TASK TO CARRY OUT -
Repeat exactly the lines of the entries below from the one with "Keeps-trans a b" through the one with "complete_all-Keeps r ((i, block)", both ends included, and nothing else.

Dataset entries
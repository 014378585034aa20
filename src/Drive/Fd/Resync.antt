-- ===== src/Drive/Fd/Resync.antt =====
-- What a `Sync` that commits leaves.
use proton_utils.Base.{
  ℕ, ◌<◌, ◌≡◌, refl, sym, ◌∙◌, true, false, Option, none, some, List, [], ◌∷◌, ◌==◌, Bytes, size,
  Result, ok, err, Bool-cases, inl, inr, arith,
}
use proton_utils.Drive.Fd.State.{
  Fd, FdError, is_write, Upload, UploadedBlock, UpdateRevisionReq, Remote,
}
use proton_utils.Drive.Fd.Commit.{
  submit_partial, record_result, complete, complete_all, wait, accept, commit_revision_from_tokens,
  next_revision, sync_waited, sync,
}

-- `fd'` begins its revision: nothing is buffered, in flight or uploaded.
pub record Begins (fd fd' : Fd) : Type 0 where
  pub no_partial : fd'.cur_block ≡ []
  pub no_inflight : fd'.inflight ≡ []
  pub no_tokens : fd'.tokens ≡ []
  pub no_error : fd'.first_err ≡ none
  pub same_mode : fd'.mode ≡ fd.mode
  pub same_new : fd'.is_new ≡ fd.is_new
  pub same_committed : fd'.committed ≡ fd.committed

-- What stays while uploads complete and a commit is sent.
record Keeps (fd fd' : Fd) : Type 0 where
  inflight : fd'.inflight ≡ fd.inflight
  mode : fd'.mode ≡ fd.mode
  is_new : fd'.is_new ≡ fd.is_new
  committed : fd'.committed ≡ fd.committed

record_result-Keeps :
    (r : Remote) (i : ℕ) (x : Result FdError UploadedBlock) (fd : Fd)
    → Keeps fd (record_result r i x fd)
unfolding record_result
record_result-Keeps r i (ok ub) fd = record {
  inflight = refl;
  mode = refl;
  is_new = refl;
  committed = refl;
}
record_result-Keeps r i (err e) fd = record {
  inflight = refl;
  mode = refl;
  is_new = refl;
  committed = refl;
}

Keeps-trans : (a b c : Fd) → Keeps a b → Keeps b c → Keeps a c
Keeps-trans a b c p q = record {
  inflight = q.inflight ∙ p.inflight;
  mode = q.mode ∙ p.mode;
  is_new = q.is_new ∙ p.is_new;
  committed = q.committed ∙ p.committed;
}

complete_all-Keeps :
    (r : Remote) (order : List Upload) (fd : Fd) → Keeps fd (complete_all r order fd)
unfolding complete_all complete
complete_all-Keeps r [] fd = record {
  inflight = refl;
  mode = refl;
  is_new = refl;
  committed = refl;
}
complete_all-Keeps r ((i, block) ∷ order) fd =
    Keeps-trans fd (complete r (i, block) fd) (complete_all r order (complete r (i, block) fd))
      (record_result-Keeps r i _ fd) (complete_all-Keeps r order (complete r (i, block) fd))

submit_partial-clean :
    (fd : Fd)
    → ((submit_partial fd).mode ≡ fd.mode)
      × ((submit_partial fd).is_new ≡ fd.is_new)
      × ((submit_partial fd).committed ≡ fd.committed)
unfolding submit_partial
submit_partial-clean fd = ground arith

-- Once the uploads are waited for, none is in flight.
waited :
    (r : Remote) (order : List Upload) (fd : Fd)
    → Keeps (record fd { inflight = [] }) (wait r order (submit_partial fd))
unfolding wait
waited r order fd =
    let k = complete_all-Keeps r order (record (submit_partial fd) { inflight = [] }) in
    let s = submit_partial-clean fd in
    record {
      inflight = k.inflight;
      mode = k.mode ∙ s.0;
      is_new = k.is_new ∙ s.1;
      committed = k.committed ∙ s.2;
    }

accept-Keeps :
    (r : Remote) (fd : Fd) (x : Result FdError UpdateRevisionReq) → Keeps fd (accept r fd x).0
unfolding accept
accept-Keeps r fd (ok req) = record {
  inflight = refl;
  mode = refl;
  is_new = refl;
  committed = refl;
}
accept-Keeps r fd (err e) = record { inflight = refl; mode = refl; is_new = refl; committed = refl }

commit-Keeps : (r : Remote) (fd : Fd) → Keeps fd (commit_revision_from_tokens r true fd).0
unfolding commit_revision_from_tokens
commit-Keeps r fd = elim (Bool-cases (size fd.tokens == 0)) [
  | inl e ↦ rw e (accept-Keeps r fd _)
  | inr e ↦ rw e (accept-Keeps r fd _)
]

next_revision-Begins :
    (r : Remote) (c : Fd × Result FdError (Unit {0})) (rev : Result FdError (Bytes × Bytes))
    (fd' : Fd)
    → c.0.inflight ≡ []
    → next_revision r c rev ≡ (fd', ok tt)
    → Begins c.0 fd'
unfolding next_revision
next_revision-Begins r (fd, err e) rev fd' n h = absurd (ground arith)
next_revision-Begins r (fd, ok u) (err e) fd' n h = absurd (ground arith)
next_revision-Begins r (fd, ok u) (ok (revision, code)) fd' n h = ground arith

sync_waited-commits :
    (r : Remote) (fd : Fd)
    → 0 < size fd.tokens
    → sync_waited r fd none
      ≡ next_revision r (commit_revision_from_tokens r true fd) (r.create_revision fd.revision_id)
unfolding sync_waited
sync_waited-commits r fd p =
    let some_tokens : (size fd.tokens == 0) ≡ false = ground arith in rw some_tokens refl

sync_waited-Begins :
    (r : Remote) (fd : Fd) (e : Option FdError) (fd' : Fd)
    → fd.inflight ≡ []
    → 0 < size fd.tokens
    → sync_waited r fd e ≡ (fd', ok tt)
    → Begins fd fd'
unfolding sync_waited
sync_waited-Begins r fd (some e) fd' n p h = absurd (ground arith)
sync_waited-Begins r fd none fd' n p h =
    let k = commit-Keeps r fd in
    let b =
      next_revision-Begins r (commit_revision_from_tokens r true fd)
        (r.create_revision fd.revision_id) fd' (k.inflight ∙ n)
        (sym (sync_waited-commits r fd p) ∙ h) in
    record {
      no_partial = b.no_partial;
      no_inflight = b.no_inflight;
      no_tokens = b.no_tokens;
      no_error = b.no_error;
      same_mode = b.same_mode ∙ k.mode;
      same_new = b.same_new ∙ k.is_new;
      same_committed = b.same_committed ∙ k.committed;
    }

sync-waits :
    (r : Remote) (order : List Upload) (fd : Fd)
    → fd.closed ≡ false
    → is_write fd.mode ≡ true
    → sync r order fd
      ≡ sync_waited r
          (wait r order (submit_partial fd))
          (wait r order (submit_partial fd)).first_err
unfolding sync
sync-waits r order fd c m = simp (c, m)

-- A `Sync` that commits and succeeds leaves a descriptor that begins its new revision; whether
-- the descriptor counts as having committed stays as it was.
pub sync-Begins :
    (r : Remote) (order : List Upload) (fd fd' : Fd)
    → fd.closed ≡ false
    → is_write fd.mode ≡ true
    → 0 < size (wait r order (submit_partial fd)).tokens
    → sync r order fd ≡ (fd', ok tt)
    → Begins fd fd'
sync-Begins r order fd fd' c m p h =
    let k = waited r order fd in
    let b =
      sync_waited-Begins r (wait r order (submit_partial fd))
        (wait r order (submit_partial fd)).first_err fd' k.inflight p
        (sym (sync-waits r order fd c m) ∙ h) in
    record {
      no_partial = b.no_partial;
      no_inflight = b.no_inflight;
      no_tokens = b.no_tokens;
      no_error = b.no_error;
      same_mode = b.same_mode ∙ k.mode;
      same_new = b.same_new ∙ k.is_new;
      same_committed = b.same_committed ∙ k.committed;
    }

RESPONSE -
Keeps-trans a b c p q = record {
  inflight = q.inflight ∙ p.inflight;
  mode = q.mode ∙ p.mode;
  is_new = q.is_new ∙ p.is_new;
  committed = q.committed ∙ p.committed;
}

complete_all-Keeps :
    (r : Remote) (order : List Upload) (fd : Fd) → Keeps fd (complete_all r order fd)
unfolding complete_all complete
complete_all-Keeps r [] fd = record {
  inflight = refl;
  mode = refl;
  is_new = refl;
  committed = refl;
}
complete_all-Keeps r ((i, block) ∷ order) fd =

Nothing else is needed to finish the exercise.